Telemarketer Repellant

If they say they're John Doe from XYZ Company, ask them to spell their name. Then ask them to spell the company name. Then ask them where it is located, how long it has been in business, how many people work there, how they got into this line of work, if they are married, how many kids they have, etc. Continue asking them personal questions or questions about their company for as long as necessary. Say "no" over and over. Be sure to vary the sound of each one, and keep a rhythmic tempo, even as they are trying to speak. This is most fun if you can do it until they hang up. If MCI calls trying to get you to sign up for the Family and Friends Plan, reply, in as sinister a voice as you can, "I don't have any friends, would you be my friend?" If they start out with, "How are you today?" say, "I'm so glad you asked, because no one these days seems to care, and I have all these problems. My arthritis is acting up, my eyelashes are sore, my dog has the gout..." If the company cleans rugs, respond: "Can you get out blood? Can you get out goat blood?
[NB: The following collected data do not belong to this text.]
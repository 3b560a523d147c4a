-- ===== src/Schema/Extract/Repair.antt =====
-- `_drop_trailing_commas` of code_analyzer/harness/schema.py: what the repair leaves alone.
use code_analyzer.Prelude.{
  ℕ, ◌≡◌, refl, sym, ap, ◌∙◌, Bool, true, false, ◌||◌, [], ◌∷◌, foldl, ◌==◌, if◌then◌else◌, arith,
  inl, inr, Bool-cases,
}
use code_analyzer.Prelude.Text.{Text, is_space, lstrip}
use code_analyzer.Schema.Extract.{
  Place, outside, inside, escaped, in_string, drop_step, drop_trailing_commas, drop_comma,
}
use mathlib.Core.List.{reverse, reverse-cons, foldl-append}

-- A blank or a comma, which the repair may drop outside a string.
abbrev pub is_droppable : ℕ → Bool
is_droppable c = is_space c || c == b','

abbrev keep_step : Place × Text → ℕ → Place × Text
keep_step (outside, kept) c =
    if c == b'"'
    then (inside, c ∷ kept)
    else if is_droppable c
    then (outside, kept)
    else (outside, c ∷ kept)
keep_step (p, kept) c = (in_string p c, c ∷ kept)

-- A text without the blanks and commas that stand outside its strings, last character first.
abbrev pub kept_of : Text → Text
kept_of t = (foldl keep_step (outside, []) t).1

abbrev state_of : Text → Place × Text
state_of [] = (outside, [])
state_of (c ∷ out) = keep_step (state_of out) c

not_quote : (c : ℕ) → is_droppable c ≡ true → (c == b'"') ≡ false
not_quote c h = ground arith

keep_droppable :
    (st : Place × Text) (c : ℕ)
    → is_droppable c ≡ true
    → (keep_step st c).0 ≡ outside
    → keep_step st c ≡ st
keep_droppable (outside, kept) c h e = rw (not_quote c h, h) refl
keep_droppable (inside, kept) c h e = absurd (ground (arith, not_quote c h))
keep_droppable (escaped, kept) c h e = absurd (cc)

state_of-lstrip : (out : Text) → (state_of out).0 ≡ outside → state_of (lstrip out) ≡ state_of out
state_of-lstrip [] h = refl
state_of-lstrip (c ∷ out) h = elim (Bool-cases (is_space c)) [
  | inr e ↦ rw e refl
  | inl e ↦
      let q : keep_step (state_of out) c ≡ state_of out =
        keep_droppable (state_of out) c (ground arith) h in
      rw e (state_of-lstrip out (ap (λ st. st.0) (sym q) ∙ h) ∙ sym q)
]

state_of-drop_comma :
    (out : Text) → (state_of out).0 ≡ outside → state_of (drop_comma out) ≡ state_of out
state_of-drop_comma [] h = refl
state_of-drop_comma (c ∷ out) h = elim (Bool-cases (c == b',')) [
  | inr e ↦ rw e refl
  | inl e ↦ rw e (sym (keep_droppable (state_of out) c (ground arith) h))
]

state_of-tail :
    (out : Text) → (state_of out).0 ≡ outside → state_of (drop_comma (lstrip out)) ≡ state_of out
state_of-tail out h =
    state_of-drop_comma (lstrip out) (ap (λ st. st.0) (state_of-lstrip out h) ∙ h)
    ∙ state_of-lstrip out h

module _ (c : ℕ) where
  quote-keep_step :
      (st : Place × Text) → outside ≡ st.0 → (c == b'"') ≡ true → inside ≡ (keep_step st c).0
  quote-keep_step (outside, kept) h e = rw e refl
  quote-keep_step (inside, kept) h e = absurd (cc)
  quote-keep_step (escaped, kept) h e = absurd (cc)

  outside-keep_step :
      (st : Place × Text) → outside ≡ st.0 → (c == b'"') ≡ false → outside ≡ (keep_step st c).0
  outside-keep_step (outside, kept) h e = elim (Bool-cases (is_droppable c)) [
    | inl d ↦ rw (e, d) refl
    | inr d ↦ rw (e, d) refl
  ]
  outside-keep_step (inside, kept) h e = absurd (cc)
  outside-keep_step (escaped, kept) h e = absurd (cc)

  inside-keep_step : (st : Place × Text) → inside ≡ st.0 → in_string inside c ≡ (keep_step st c).0
  inside-keep_step (outside, kept) h = absurd (cc)
  inside-keep_step (inside, kept) h = refl
  inside-keep_step (escaped, kept) h = absurd (cc)

  escaped-keep_step : (st : Place × Text) → escaped ≡ st.0 → inside ≡ (keep_step st c).0
  escaped-keep_step (outside, kept) h = absurd (cc)
  escaped-keep_step (inside, kept) h = absurd (cc)
  escaped-keep_step (escaped, kept) h = refl

-- The scan of the output is where the scan of the input stands.
drop_step-state_of :
    (out : Text) (p : Place) (c : ℕ)
    → p ≡ (state_of out).0
    → (state_of (drop_step (out, p) c).0 ≡ keep_step (state_of out) c)
      × ((drop_step (out, p) c).1 ≡ (keep_step (state_of out) c).0)
drop_step-state_of out outside c h = elim (Bool-cases (c == b'"')) [
  | inl e ↦ rw e (refl, quote-keep_step c (state_of out) h e)
  | inr e ↦ rw e elim (Bool-cases (c == b'}' || c == b']')) [
    | inr f ↦ rw f (refl, outside-keep_step c (state_of out) h e)
    | inl f ↦ rw f (
      ap (λ st. keep_step st c) (state_of-tail out (sym h)),
      outside-keep_step c (state_of out) h e,
    )
  ]
]
drop_step-state_of out inside c h = (refl, inside-keep_step c (state_of out) h)
drop_step-state_of out escaped c h = (refl, escaped-keep_step c (state_of out) h)

foldl-drop_step :
    (t out : Text) (p : Place)
    → p ≡ (state_of out).0
    → state_of (foldl drop_step (out, p) t).0 ≡ foldl keep_step (state_of out) t
foldl-drop_step [] out p h = refl
foldl-drop_step (c ∷ t) out p h =
    let (same, place) = drop_step-state_of out p c h in
    foldl-drop_step t (drop_step (out, p) c).0 (drop_step (out, p) c).1
      (place ∙ ap (λ st. st.0) (sym same))
    ∙ ap (λ st. foldl keep_step st t) same

foldl-reverse : (out : Text) → foldl keep_step (outside, []) (reverse out) ≡ state_of out
foldl-reverse [] = refl
foldl-reverse (c ∷ out) =
    ap (foldl keep_step (outside, [])) (reverse-cons c out)
    ∙ foldl-append keep_step (outside, []) (reverse out) (c ∷ [])
    ∙ ap (λ st. keep_step st c) (foldl-reverse out)

-- The removal of trailing commas changes no string and drops nothing but blanks and commas outside
-- strings: without those, the repaired text is the text.
pub kept_of-drop_trailing_commas : (t : Text) → kept_of (drop_trailing_commas t) ≡ kept_of t
unfolding drop_trailing_commas
kept_of-drop_trailing_commas t =
    ap (λ st. st.1)
      (foldl-reverse (foldl drop_step ([], outside) t).0 ∙ foldl-drop_step t [] outside refl)
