-- ===== src/Schema/Examples.antt =====
-- Scanner findings on small responses.
use code_analyzer.Prelude.{
  ℕ, ◌+◌, ◌-◌, ◌≡◌, refl, ◌&&◌, none, [], ◌∷◌, leb, ◌==◌, if◌then◌else◌, All, String,
}
use code_analyzer.Prelude.Text.{Text, codes}
use code_analyzer.Schema.Values.{
  Json, null, str, obj, Fields, Digit, decimal_digit, digit_only, no_digit, field, end,
}
use code_analyzer.Schema.{
  ok, raised, severities, finding_categories, one_of, Finding, line_number, not_an_object,
  entries_range, line_range_of, accepted, check_confidence, check_cwe, check_span, validate_fields,
  validate, collect, range_value, respell, category_spellings, isdigit, to_int, line_text,
}
use code_analyzer.Schema.Extract.{drop_trailing_commas}
use code_analyzer.Schema.Accepted.{IsWellFormed, validate-IsWellFormed, collect-accounts}
use code_analyzer.Schema.Extract.Repair.{kept_of, kept_of-drop_trailing_commas}

-- The decimal digits of ASCII and the superscript two.
abbrev ascii : ℕ → Digit
ascii c =
    if leb 48 c && leb c 57
    then decimal_digit (c - 48)
    else if c == 0xb2
    then digit_only
    else no_digit

abbrev entry : String → Text → Fields → Fields
entry key value rest = field (codes key) (str value) rest

abbrev item : Text → Json
item line = obj (
    entry "file" (codes "a.c") (
      entry "message" (codes "overflow") (
        entry "category" (codes "Buffer")
          (entry "severity" (codes "HIGH") (entry "line" line end)))))

abbrev finding : Finding
finding = record {
  file = codes "a.c";
  message = codes "overflow";
  category = codes "buffer";
  severity = codes "high";
  line = 7;
  line_range = (7, 7);
  symbol = [];
  description = [];
  evidence = [];
  rule_id = [];
  cwe = none;
  confidence = none;
}

item-accepted : validate ascii (item (codes "7")) ≡ ok (accepted finding)
unfolding validate validate_fields check_span check_cwe check_confidence line_range_of entries_range
    line_number isdigit to_int category_spellings respell finding_categories severities one_of
    range_value line_text
item-accepted = refl

validate-IsWellFormed_example : IsWellFormed finding
validate-IsWellFormed_example = validate-IsWellFormed ascii (item (codes "7")) finding item-accepted

items-collected :
    collect ascii 0 (item (codes "7") ∷ null ∷ []) ≡ ok (finding ∷ [], (1, not_an_object) ∷ [])
unfolding collect validate validate_fields check_span check_cwe check_confidence line_range_of
    entries_range line_number isdigit to_int category_spellings respell finding_categories
    severities one_of range_value line_text
items-collected = refl

collect-accounts_example : All IsWellFormed (finding ∷ []) × (1 + 1 ≡ 2)
collect-accounts_example =
    collect-accounts ascii 0 (item (codes "7") ∷ null ∷ []) (finding ∷ []) ((1, not_an_object) ∷ [])
      items-collected

superscript-raised : validate ascii (item (0xb2 ∷ [])) ≡ raised
unfolding validate validate_fields check_span check_cwe check_confidence line_range_of entries_range
    line_number isdigit to_int category_spellings respell finding_categories severities one_of
    range_value line_text
superscript-raised = refl

kept_of-drop_trailing_commas_example :
    kept_of (drop_trailing_commas (codes "{\"a, ]\": [1, ]}")) ≡ kept_of (codes "{\"a, ]\": [1, ]}")
kept_of-drop_trailing_commas_example = kept_of-drop_trailing_commas (codes "{\"a, ]\": [1, ]}")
How about human blood?" Tell the telemarketer you are busy at the moment and ask him/her if he/she will give you his/her home phone number so you can call him/her back. When the telemarketer explains that telemarketers cannot give out their home numbers say, "I guess you don't want anyone bothering you at home, right?" The telemarketer will agree and you say, "Me either!" Hang up. Ask them to repeat everything they say several times. Insist that the caller is really your buddy Leon, playing a joke. "Come on, Leon, cut it out! Seriously, Leon, how's your momma?" Tell them you are hard of hearing and that they need to speak up . . . louder . . . louder . . . When the salesperson asks, "Is this the homeowner?" say, "Is this the salesperson?" And when they say, "Yes," hang up.